(560c) Dissecting the Cellulosome Enzyme Complex: Assembly and Function

Authors: 
Bomble, Y. J., National Renewable Energy Laboratory
Crowley, M. F., National Renewable Energy Laboratory
Nimlos, M. R., National Renewable Energy Laboratory


Most bacteria and fungi use free enzymes to degrade plant cell walls. However, a small number of bacteria have developed a fundamentally different approach, where enzymes are tethered to a large protein scaffold forming a multi-domain complex known as, the cellulosome. The study of these large protein assemblies is an ongoing research topic that has already yielded numerous breakthroughs. However, the mechanism of assembly of the enzyme subunits onto the natural scaffoldin; as well as the modes of action of the cellulosome and its enzymatic components, are currently not well understood.

In this study, we focused on the cellulosome-integrating protein (CipA) of C. thermocellum; as well as cellulosomal enzymes from families 5, 9 and 48.  These three enzymes are representative of the diversity of enzymes secreted by C. thermocellum.  This work not only aims at understanding the mechanisms involved in the sequential binding of the cellulosomal enzymes to the CipA scaffold of C. thermocellum, but also the binding of CipA to secondary scaffolds, such as OlpB.  We focused on the physical properties of the binding of component enzymes to the scaffoldin. The modularity of the enzymes was found to be one of the main influences on the cellulosome assembly process.  

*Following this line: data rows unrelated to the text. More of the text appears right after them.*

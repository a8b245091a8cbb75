-- ===== src/ServiceManager/Main/Handling.antt =====
-- The service manager as a service whose state is followed through its transactions.
use mathlib.Core.Path.{subst}
use mathlib.Core.Option.{some-injective}
use Prim.Native.Nat.{bit_and}
use android_source_learn.Prelude.{
  ℕ, ◌+◌, ◌≡◌, refl, ap, ◌∙◌, Option, none, some, List, ◌∷◌, ltb, Bool-cases, inl, inr,
}
use android_source_learn.Prelude.Int.{ℤ}
use android_source_learn.Abi.{Abi, TransactionData, TransactionSecctx, IsObjectLayout}
use android_source_learn.Bio.{BinderIo, Parcel}
use android_source_learn.Binder.Parse.{answer}
use android_source_learn.Binder.Parse.Keeps.{Answered}
use android_source_learn.Binder.Parse.Reference.{Spared, Spares}
use android_source_learn.Binder.Call.Handled.{AnsweredIn, IsFollowed}
use android_source_learn.ServiceManager.Access.{System}
use android_source_learn.ServiceManager.Handler.{Outcome}
use android_source_learn.ServiceManager.Handler.Changes.{After}
use android_source_learn.ServiceManager.Handler.Ignored.{
  replied-Ignores, svcinfo_death-Ignores, svcmgr_handler-Ignores,
}
use android_source_learn.Binder.Parse.Replied.{replied, awaiting, buffers_of, replied-answer}
use android_source_learn.ServiceManager.Handler.Staying.{StaysIn, svcmgr_handler-StaysIn}
use android_source_learn.ServiceManager.Main.{
  Environment, Process, answers_at, after_handler, handle, manager_service,
}
use android_source_learn.ServiceManager.Main.Serving.{IsMalloc, IsServing, manager_service-IsKept}

module _ (abi : Abi) where
  -- The manager serves, has handled these transactions and no others, and has replied to those that
  -- are not one-way and to no others, once each and in order.
  pub record HasHandled (past : List TransactionData) (p : Process) : Type 0 where
    pub serving : IsServing p
    pub handled : p.handled ≡ buffers_of past
    pub answered : replied p.manager.written ≡ buffers_of (awaiting abi past)

module _ (sys : System) (abi : Abi) (env : Environment) where
  after_handler-Spared :
      (lo buffer : ℕ) (handled : List ℕ) (out : Parcel) (o : Outcome)
      → StaysIn lo (lo + 256) out o
      → Spared abi (manager_service sys abi env) lo out.mem (after_handler buffer handled o)
  after_handler-Spared lo buffer handled out none s = tt
  after_handler-Spared lo buffer handled out (some (m, out', z)) s = s.same

  pub manager_service-Spares : IsObjectLayout abi → Spares abi (manager_service sys abi env)
  unfolding handle
  manager_service-Spares layout func p txn msg out lo has v =
      subst
        (λ (f : Process → TransactionSecctx → BinderIo → Parcel → Option (Process × Parcel × ℤ)).
          Spared abi (manager_service sys abi env) lo out.mem (f p txn msg out))
        (some-injective _ _ has)
        (after_handler-Spared lo txn.transaction_data.buffer p.handled out _
          (svcmgr_handler-StaysIn sys abi layout (answers_at env p) p.manager txn msg out v))

  answer-handled :
      (txn : TransactionData) (io : BinderIo) (res : ℤ) (p : Process)
      → (answer abi (manager_service sys abi env) txn io res p).handled ≡ p.handled
  unfolding answer
  answer-handled txn io res p = elim (Bool-cases (ltb 0 (bit_and txn.flags abi.tf_one_way))) [
    | inl one_way ↦ rw one_way refl
    | inr two_way ↦ rw two_way refl
  ]

  after_handler-AnsweredIn :
      (past : List TransactionData) (txn : TransactionData) (p : Process) (o : Outcome)
      → HasHandled abi past p
      → After (λ m'. replied m'.written ≡ replied p.manager.written) o
      → Answered abi
          (manager_service sys abi env)
          IsServing
          ⊥
          txn
          (after_handler txn.buffer p.handled o)
      → AnsweredIn abi
          (manager_service sys abi env)
          (handle sys abi env)
          (HasHandled abi)
          (λ t. ⊥)
          (λ q. ⊥)
          past
          txn
          (after_handler txn.buffer p.handled o)
  after_handler-AnsweredIn past txn p none v same a = a
  after_handler-AnsweredIn past txn p (some (m, out, res)) v same a = record {
    serving = a;
    handled = answer-handled txn out.io res _ ∙ ap (λ bs. txn.buffer ∷ bs) v.handled;
    answered =
        replied-answer abi (manager_service sys abi env) txn out.io res _ past (λ t. refl)
          (same ∙ v.answered);
  }

  pub manager_service-IsFollowed :
      IsMalloc env
      → IsFollowed abi
          (manager_service sys abi env)
          (handle sys abi env)
          (HasHandled abi)
          (λ t. ⊥)
          (λ q. ⊥)
  unfolding handle
  manager_service-IsFollowed malloc =
      let kept = manager_service-IsKept sys abi env malloc in
      record {
        has = refl;
        handled = λ past p txn msg out v.
            after_handler-AnsweredIn past txn.transaction_data p _ v
              (svcmgr_handler-Ignores sys replied replied-Ignores abi (answers_at env p) p.manager
                txn msg out)
              (kept.handled (handle sys abi env) p txn msg out refl v.serving);
        notified = λ past q p v. record {
          serving = kept.notified q p v.serving;
          handled = v.handled;
          answered = svcinfo_death-Ignores replied replied-Ignores q p.manager ∙ v.answered;
        };
      }
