-- ===== src/ServiceManager/Main/Delivered.antt =====
-- `main` of the service manager, for what the driver delivers to it.
use android_source_learn.Prelude.{
  inl, inr, ◌∷◌, ℕ, ◌*◌, ◌≡◌, refl, ◌≢◌, Bool, true, false, Option, none, some, List, [],
}
use android_source_learn.Prelude.Int.{is_nonzero}
use android_source_learn.Memory.{Memory}
use android_source_learn.Abi.{Abi, TransactionData, IsObjectLayout}
use android_source_learn.Binder.Commands.{binder_write, enter_looper}
use android_source_learn.Binder.Parse.{writes}
use android_source_learn.Binder.Parse.Incoming.{
  Incoming, sent, transaction, transaction_sec_ctx, dead_binder, reply_failed, reply_dead,
  AreAllCodes, ReadsStructs,
}
use android_source_learn.Binder.Call.{Looped, left_loop, waiting, died, binder_loop}
use android_source_learn.Binder.Call.Deliveries.{Delivery, responses, AreDelivered}
use android_source_learn.Binder.Call.Rounds.{binder_loop-serve_rounds}
use android_source_learn.Binder.Call.Handled.{LoopedIn, serve_rounds-LoopedIn}
use android_source_learn.Binder.Call.Taken.{
  AnyDeath, AnyDeliveredDeath, Any, all_taken, all_continue,
}
use android_source_learn.Binder.Open.{Held, BinderState, binder_open, binder_become_context_manager}
use android_source_learn.ServiceManager.Access.{System}
use android_source_learn.ServiceManager.Main.{
  Environment, Process, handle, manager_service, first_process, StartAnswers, Ran, exited, served,
  waits, aborts, after_loop, serve, become_manager, svcmgr_main,
}
use android_source_learn.ServiceManager.Main.Serving.{IsMalloc}
use android_source_learn.ServiceManager.Main.Starting.{first-IsServing}
use android_source_learn.ServiceManager.Main.Handling.{
  HasHandled, manager_service-Spares, manager_service-IsFollowed,
}

-- `main` waits for the driver if `b`, and otherwise its loop has been left; it has handled these
-- transactions, and replied to those that are not one-way.
abbrev pub IsServed : Abi → Bool → List TransactionData → Ran → Type 0
IsServed abi b past (exited z h) = ⊥
IsServed abi true past (served p h) = ⊥
IsServed abi false past (served p h) = HasHandled abi past p
IsServed abi true past (waits p) = HasHandled abi past p
IsServed abi false past (waits p) = ⊥
IsServed abi b past aborts = ⊥

never_dead : (is : List Incoming) → AnyDeath (λ q. ⊥) is → ⊥
never_dead [] a = a
never_dead (sent i ∷ is) a = never_dead is a
never_dead (transaction txn ∷ is) a = never_dead is a
never_dead (transaction_sec_ctx txn ∷ is) a = never_dead is a
never_dead (dead_binder q ∷ is) (inl e) = e
never_dead (dead_binder q ∷ is) (inr a) = never_dead is a
never_dead (reply_failed ∷ is) a = never_dead is a
never_dead (reply_dead ∷ is) a = never_dead is a

never_notified : (ds : List Delivery) → AnyDeliveredDeath (λ q. ⊥) ds → ⊥
never_notified [] a = a
never_notified (d ∷ ds) (inl a) = never_dead d.commands a
never_notified (d ∷ ds) (inr a) = never_notified ds a

never : (txns : List TransactionData) → Any (λ t. ⊥) txns → ⊥
never [] a = a
never (txn ∷ txns) (inl e) = e
never (txn ∷ txns) (inr a) = never txns a

-- The start-up succeeds.
pub record StartsUp (abi : Abi) (ans : StartAnswers) (h : Held) : Type 0 where
  pub opened : (binder_open abi ans.open_answers (128 * 1024) h).0 ≢ none
  pub became : is_nonzero (binder_become_context_manager ans.set_ext ans.set_original).0 ≡ false
  pub contexts : ans.service_contexts ≢ none
  pub own : ans.own_context ≢ none

module _ (sys : System) (abi : Abi) (env : Environment) where
  after_loop-IsServed :
      (h : Held) (ds : List Delivery) (b : Bool) (past : List TransactionData) (l : Looped Process)
      → LoopedIn abi
          (manager_service sys abi env)
          (handle sys abi env)
          (HasHandled abi)
          (λ t. ⊥)
          (λ q. ⊥)
          (AnyDeliveredDeath (λ q. ⊥) ds)
          b
          past
          l
      → IsServed abi b past (after_loop h l)
  after_loop-IsServed h ds true past (left_loop p mem) v = v
  after_loop-IsServed h ds false past (left_loop p mem) v = v
  after_loop-IsServed h ds true past (waiting p mem) v = v
  after_loop-IsServed h ds false past (waiting p mem) v = v
  after_loop-IsServed h ds true past died (inl v) = never past v
  after_loop-IsServed h ds true past died (inr n) = never_notified ds n
  after_loop-IsServed h ds false past died (inl v) = never past v
  after_loop-IsServed h ds false past died (inr n) = never_notified ds n

  pub binder_loop-HasHandled :
      (rdata readbuf : ℕ) (ds : List Delivery) (past : List TransactionData) (p : Process)
      (mem : Memory)
      → IsMalloc env
      → AreAllCodes abi
      → ReadsStructs abi
      → IsObjectLayout abi
      → AreDelivered abi rdata readbuf ds
      → HasHandled abi past p
      → LoopedIn abi
          (manager_service sys abi env)
          (handle sys abi env)
          (HasHandled abi)
          (λ t. ⊥)
          (λ q. ⊥)
          (AnyDeliveredDeath (λ q. ⊥) ds)
          (all_continue ds)
          (all_taken ds past)
          (binder_loop abi (manager_service sys abi env) rdata readbuf (responses ds) p mem)
  unfolding binder_write
  binder_loop-HasHandled rdata readbuf ds past p mem malloc codes structs layout delivered v =
      let svc = manager_service sys abi env in
      let sound = v.serving.sound in
      let entered : HasHandled abi past (writes abi svc (binder_write enter_looper) p) = record {
        serving = record {
          sound = record {
            distinct = sound.distinct;
            names = sound.names;
            balanced = sound.balanced;
          };
          story = v.serving.story;
          ready = v.serving.ready;
          returned = v.serving.returned;
        };
        handled = v.handled;
        answered = v.answered;
      } in
      rw
        (binder_loop-serve_rounds abi svc rdata readbuf codes structs
          (manager_service-Spares sys abi env layout) ds p mem delivered)
        (serve_rounds-LoopedIn abi svc (handle sys abi env) (HasHandled abi) (λ t. ⊥) (λ q. ⊥)
          (manager_service-IsFollowed sys abi env malloc) rdata ds past _ mem entered)

become_manager-IsServed :
    (abi : Abi) (ans : StartAnswers) (next : Held → Ran) (b : Bool) (past : List TransactionData)
    (o : Option BinderState × Held)
    → o.0 ≢ none
    → is_nonzero (binder_become_context_manager ans.set_ext ans.set_original).0 ≡ false
    → ((h : Held) → IsServed abi b past (next h))
    → IsServed abi b past (become_manager ans next o)
become_manager-IsServed abi ans next b past (none, h) opened became v = absurd (opened refl)
become_manager-IsServed abi ans next b past (some bs, h) opened became v = rw became (v h)

module _ (sys : System) (abi : Abi) (env : Environment) (rdata readbuf : ℕ) (ds : List Delivery)
    (malloc : IsMalloc env) (codes : AreAllCodes abi) (structs : ReadsStructs abi)
    (layout : IsObjectLayout abi) (delivered : AreDelivered abi rdata readbuf ds) where
  serve-IsServed :
      (mem : Memory) (h : Held) (contexts own : Option ℕ)
      → contexts ≢ none
      → own ≢ none
      → IsServed abi
          (all_continue ds)
          (all_taken ds [])
          (serve sys abi env rdata readbuf (responses ds) mem h contexts own)
  serve-IsServed mem h none own c o = absurd (c refl)
  serve-IsServed mem h (some contexts) none c o = absurd (o refl)
  serve-IsServed mem h (some contexts) (some own) c o =
      let sys' = record sys { service_manager_context = own } in
      after_loop-IsServed sys' abi env h ds (all_continue ds) (all_taken ds []) _ (
        binder_loop-HasHandled sys' abi env rdata readbuf ds [] (first_process contexts) mem malloc
          codes structs layout delivered
          record { serving = first-IsServing contexts; handled = refl; answered = refl })

  -- If the start-up succeeds and the driver delivers read buffers that are full of commands, `main`
  -- of the service manager handles every transaction in them, up to the first buffer with a reply or
  -- a failure: it then has handled these transactions and no others, in order, the buffer of each has
  -- been given back once, those that are not one-way and no others have been replied to, once each
  -- and in order, and it serves. It waits for the driver if there is no such buffer, and ends
  -- after it if there is one.
  pub svcmgr_main-IsServed :
      (ans : StartAnswers) (mem : Memory) (h : Held)
      → StartsUp abi ans h
      → IsServed abi
          (all_continue ds)
          (all_taken ds [])
          (svcmgr_main sys abi env ans rdata readbuf (responses ds) mem h)
  unfolding svcmgr_main
  svcmgr_main-IsServed ans mem h up =
      become_manager-IsServed abi ans _ (all_continue ds) (all_taken ds []) _ up.opened up.became
        (λ h'. serve-IsServed mem h' ans.service_contexts ans.own_context up.contexts up.own)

Additionally, we examined several modules from the multi-modular enzyme complex, CbhA.  Several of these modules have undefined functions, such as the X1 modules found closely linked to the catalytic domain.  We hypothesize that the X modules could serve as tethers between several modules in CbhA to fine-tune the positioning of this enzyme during cellulose deconstruction.  We conducted steered molecular dynamics simulations (directly comparable to AFM pulling experiments) to evaluate the energy and the profile for unfolding these modules. We found that the energy required to partially unfold this domain is accessible by the cellulosome and the unfolding pathways are similar in the multiple simulations conducted.